> [Task directions]:
Every line holding "cases" should be copied from the records below.

─── Entries shown ───

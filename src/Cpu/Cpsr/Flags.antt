-- ===== src/Cpu/Cpsr/Flags.antt =====
-- The status register of crates/vmrp-cpu/src/regs.rs against a record of its five flags.
use native.Mathlib.Nat.{one-le-pow}
use vmrp_rust.Prelude.{
  ℕ, ◌+◌, ◌*◌, ◌/◌, ◌%◌, ◌^◌, ◌<◌, bit_and, Bool, true, false, ◌!=◌, ◌≡◌, ◌≢◌, ◌⊎◌, inl, inr, sym,
  ap, !=_iff, ◌∙◌, arith, if◌then◌else◌,
}
use vmrp_rust.Word.{IsU32, bit}
use vmrp_rust.Word.Bits.{bit_and-lt, bit_or-lt}
use vmrp_rust.Word.Masks.{bit_and-pow, bit_or-pow, clear_5, clear_28, clear_29, clear_30, clear_31}
use vmrp_rust.Cpu.Cpsr.{
  Cpsr, ExecutionMode, arm, thumb, execution_mode, set_execution_mode, zero_flag, negative, carry,
  overflow, set_zero, set_negative, set_carry, set_overflow,
}

pub record Flags : Type 0 where
  pub n : Bool
  pub z : Bool
  pub c : Bool
  pub v : Bool
  pub mode : ExecutionMode

abbrev pub flags : Cpsr → Flags
flags r = record {
  n = negative r;
  z = zero_flag r;
  c = carry r;
  v = overflow r;
  mode = execution_mode r;
}

abbrev mode_of : Bool → ExecutionMode
mode_of b = if b then thumb else arm

-- The flags as digits.
abbrev digits : ℕ → Flags
digits x = record {
  n = bit x 31;
  z = bit x 30;
  c = bit x 29;
  v = bit x 28;
  mode = mode_of (bit x 5);
}

Digit-cases : (x : ℕ) → (x % 2 ≡ 0) ⊎ (x % 2 ≡ 1)
Digit-cases x = omega arith

pub test_bit : (k x : ℕ) → (bit_and x (2 ^ k) != 0) ≡ bit x k
test_bit k x = elim (Digit-cases (x / 2 ^ k)) [
  | inl e ↦ ap (λ (t : ℕ). t != 0) (clear e ∙ sym e)
  | inr e ↦ (!=_iff _ 0).1 (set e) ∙ ap (λ (t : ℕ). t != 0) (sym e)
]
  where
    clear : x / 2 ^ k % 2 ≡ 0 → bit_and x (2 ^ k) ≡ 0
    clear e = omega (arith, bit_and-pow k x, ap (λ (t : ℕ). t * 2 ^ k) e)

    set : x / 2 ^ k % 2 ≡ 1 → bit_and x (2 ^ k) ≢ 0
    set e =
        omega (arith, bit_and-pow k x, ap (λ (t : ℕ). t * 2 ^ k) e, one-le-pow k 2 (omega arith))

pub flags-digits : (r : Cpsr) → flags r ≡ digits r.bits
unfolding zero_flag negative carry overflow execution_mode
flags-digits r = λ i. record {
  n = test_bit 31 r.bits i;
  z = test_bit 30 r.bits i;
  c = test_bit 29 r.bits i;
  v = test_bit 28 r.bits i;
  mode = mode_of (test_bit 5 r.bits i);
}

-- `y` is `x` with the digit at bit `k` replaced by `d`.
abbrev Replaced : ℕ → ℕ → ℕ → ℕ → Type 0
Replaced k d x y = y ≡ x / 2 ^ k / 2 * 2 ^ k * 2 + d * 2 ^ k + x % 2 ^ k

abbrev SameDigit : ℕ → ℕ → ℕ → Type 0
SameDigit k x y = y / 2 ^ k % 2 ≡ x / 2 ^ k % 2

spliced_5 :
    (d x y : ℕ)
    → d < 2
    → Replaced 5 d x y
    → SameDigit 31 x y
      × SameDigit 30 x y
      × SameDigit 29 x y
      × SameDigit 28 x y
      × (y / 2 ^ 5 % 2 ≡ d)
spliced_5 d x y h e = omega arith

spliced_28 :
    (d x y : ℕ)
    → d < 2
    → Replaced 28 d x y
    → SameDigit 31 x y
      × SameDigit 30 x y
      × SameDigit 29 x y
      × (y / 2 ^ 28 % 2 ≡ d)
      × SameDigit 5 x y
spliced_28 d x y h e = omega arith

spliced_29 :
    (d x y : ℕ)
    → d < 2
    → Replaced 29 d x y
    → SameDigit 31 x y
      × SameDigit 30 x y
      × (y / 2 ^ 29 % 2 ≡ d)
      × SameDigit 28 x y
      × SameDigit 5 x y
spliced_29 d x y h e = omega arith

spliced_30 :
    (d x y : ℕ)
    → d < 2
    → Replaced 30 d x y
    → SameDigit 31 x y
      × (y / 2 ^ 30 % 2 ≡ d)
      × SameDigit 29 x y
      × SameDigit 28 x y
      × SameDigit 5 x y
spliced_30 d x y h e = omega arith

spliced_31 :
    (d x y : ℕ)
    → d < 2
    → Replaced 31 d x y
    → (y / 2 ^ 31 % 2 ≡ d)
      × SameDigit 30 x y
      × SameDigit 29 x y
      × SameDigit 28 x y
      × SameDigit 5 x y
spliced_31 d x y h e = omega arith

digits_31 : (d x y : ℕ) → d < 2 → Replaced 31 d x y → digits y ≡ record (digits x) { n = d != 0 }
digits_31 d x y h e =
    let same = spliced_31 d x y h e in
    λ i. record {
      n = same.0 i != 0;
      z = same.1 i != 0;
      c = same.2 i != 0;
      v = same.3 i != 0;
      mode = mode_of (same.4 i != 0);
    }

digits_30 : (d x y : ℕ) → d < 2 → Replaced 30 d x y → digits y ≡ record (digits x) { z = d != 0 }
digits_30 d x y h e =
    let same = spliced_30 d x y h e in
    λ i. record {
      n = same.0 i != 0;
      z = same.1 i != 0;
      c = same.2 i != 0;
      v = same.3 i != 0;
      mode = mode_of (same.4 i != 0);
    }

digits_29 : (d x y : ℕ) → d < 2 → Replaced 29 d x y → digits y ≡ record (digits x) { c = d != 0 }
digits_29 d x y h e =
    let same = spliced_29 d x y h e in
    λ i. record {
      n = same.0 i != 0;
      z = same.1 i != 0;
      c = same.2 i != 0;
      v = same.3 i != 0;
      mode = mode_of (same.4 i != 0);
    }

digits_28 : (d x y : ℕ) → d < 2 → Replaced 28 d x y → digits y ≡ record (digits x) { v = d != 0 }
digits_28 d x y h e =
    let same = spliced_28 d x y h e in
    λ i. record {
      n = same.0 i != 0;
      z = same.1 i != 0;
      c = same.2 i != 0;
      v = same.3 i != 0;
      mode = mode_of (same.4 i != 0);
    }

digits_5 :
    (d x y : ℕ)
    → d < 2
    → Replaced 5 d x y
    → digits y ≡ record (digits x) { mode = mode_of (d != 0) }
digits_5 d x y h e =
    let same = spliced_5 d x y h e in
    λ i. record {
      n = same.0 i != 0;
      z = same.1 i != 0;
      c = same.2 i != 0;
      v = same.3 i != 0;
      mode = mode_of (same.4 i != 0);
    }

module _ (r : Cpsr) (h : IsU32 r.bits) where
  set_negative-digits :
      (b : Bool) → digits (set_negative r b).bits ≡ record (digits r.bits) { n = b }
  unfolding set_negative
  set_negative-digits true =
      digits_31 1 r.bits _ (omega arith) (omega (arith, bit_or-pow 31 r.bits))
  set_negative-digits false = digits_31 0 r.bits _ (omega arith) (omega (arith, clear_31 r.bits h))

  set_zero-digits : (b : Bool) → digits (set_zero r b).bits ≡ record (digits r.bits) { z = b }
  unfolding set_zero
  set_zero-digits true = digits_30 1 r.bits _ (omega arith) (omega (arith, bit_or-pow 30 r.bits))
  set_zero-digits false = digits_30 0 r.bits _ (omega arith) (omega (arith, clear_30 r.bits h))

  set_carry-digits : (b : Bool) → digits (set_carry r b).bits ≡ record (digits r.bits) { c = b }
  unfolding set_carry
  set_carry-digits true = digits_29 1 r.bits _ (omega arith) (omega (arith, bit_or-pow 29 r.bits))
  set_carry-digits false = digits_29 0 r.bits _ (omega arith) (omega (arith, clear_29 r.bits h))

  set_overflow-digits :
      (b : Bool) → digits (set_overflow r b).bits ≡ record (digits r.bits) { v = b }
  unfolding set_overflow
  set_overflow-digits true =
      digits_28 1 r.bits _ (omega arith) (omega (arith, bit_or-pow 28 r.bits))
  set_overflow-digits false = digits_28 0 r.bits _ (omega arith) (omega (arith, clear_28 r.bits h))

  set_execution_mode-digits :
      (m : ExecutionMode)
      → digits (set_execution_mode r m).bits ≡ record (digits r.bits) { mode = m }
  unfolding set_execution_mode
  set_execution_mode-digits arm =
      digits_5 0 r.bits _ (omega arith) (omega (arith, clear_5 r.bits h))
  set_execution_mode-digits thumb =
      digits_5 1 r.bits _ (omega arith) (omega (arith, bit_or-pow 5 r.bits))

  pub set_negative-flags : (b : Bool) → flags (set_negative r b) ≡ record (flags r) { n = b }
  set_negative-flags b =
      flags-digits (set_negative r b)
      ∙ set_negative-digits b
      ∙ ap (λ (f : Flags). record f { n = b }) (sym (flags-digits r))

  pub set_zero-flags : (b : Bool) → flags (set_zero r b) ≡ record (flags r) { z = b }
  set_zero-flags b =
      flags-digits (set_zero r b)
      ∙ set_zero-digits b
      ∙ ap (λ (f : Flags). record f { z = b }) (sym (flags-digits r))

  pub set_carry-flags : (b : Bool) → flags (set_carry r b) ≡ record (flags r) { c = b }
  set_carry-flags b =
      flags-digits (set_carry r b)
      ∙ set_carry-digits b
      ∙ ap (λ (f : Flags). record f { c = b }) (sym (flags-digits r))

  pub set_overflow-flags : (b : Bool) → flags (set_overflow r b) ≡ record (flags r) { v = b }
  set_overflow-flags b =
      flags-digits (set_overflow r b)
      ∙ set_overflow-digits b
      ∙ ap (λ (f : Flags). record f { v = b }) (sym (flags-digits r))

  -- Of a status word of 32 bits, setting the mode changes the mode and none of N, Z, C and V.
  pub set_execution_mode-flags :
      (m : ExecutionMode) → flags (set_execution_mode r m) ≡ record (flags r) { mode = m }
  set_execution_mode-flags m =
      flags-digits (set_execution_mode r m)
      ∙ set_execution_mode-digits m
      ∙ ap (λ (f : Flags). record f { mode = m }) (sym (flags-digits r))

  pub set_negative-IsU32 : (b : Bool) → IsU32 (set_negative r b).bits
  unfolding set_negative
  set_negative-IsU32 false = bit_and-lt 32 r.bits _ h (omega arith)
  set_negative-IsU32 true = bit_or-lt 32 r.bits _ h (omega arith)

  pub set_zero-IsU32 : (b : Bool) → IsU32 (set_zero r b).bits
  unfolding set_zero
  set_zero-IsU32 false = bit_and-lt 32 r.bits _ h (omega arith)
  set_zero-IsU32 true = bit_or-lt 32 r.bits _ h (omega arith)

  pub set_carry-IsU32 : (b : Bool) → IsU32 (set_carry r b).bits
  unfolding set_carry
  set_carry-IsU32 false = bit_and-lt 32 r.bits _ h (omega arith)
  set_carry-IsU32 true = bit_or-lt 32 r.bits _ h (omega arith)

  pub set_overflow-IsU32 : (b : Bool) → IsU32 (set_overflow r b).bits
  unfolding set_overflow
  set_overflow-IsU32 false = bit_and-lt 32 r.bits _ h (omega arith)
  set_overflow-IsU32 true = bit_or-lt 32 r.bits _ h (omega arith)

  pub set_execution_mode-IsU32 : (m : ExecutionMode) → IsU32 (set_execution_mode r m).bits
  unfolding set_execution_mode
  set_execution_mode-IsU32 arm = bit_and-lt 32 r.bits _ h (omega arith)
  set_execution_mode-IsU32 thumb = bit_or-lt 32 r.bits _ h (omega arith)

───

> [Task answer]:
Digit-cases : (x : ℕ) → (x % 2 ≡ 0) ⊎ (x % 2 ≡ 1)
Digit-cases x = omega arith
test_bit k x = elim (Digit-cases (x / 2 ^ k)) [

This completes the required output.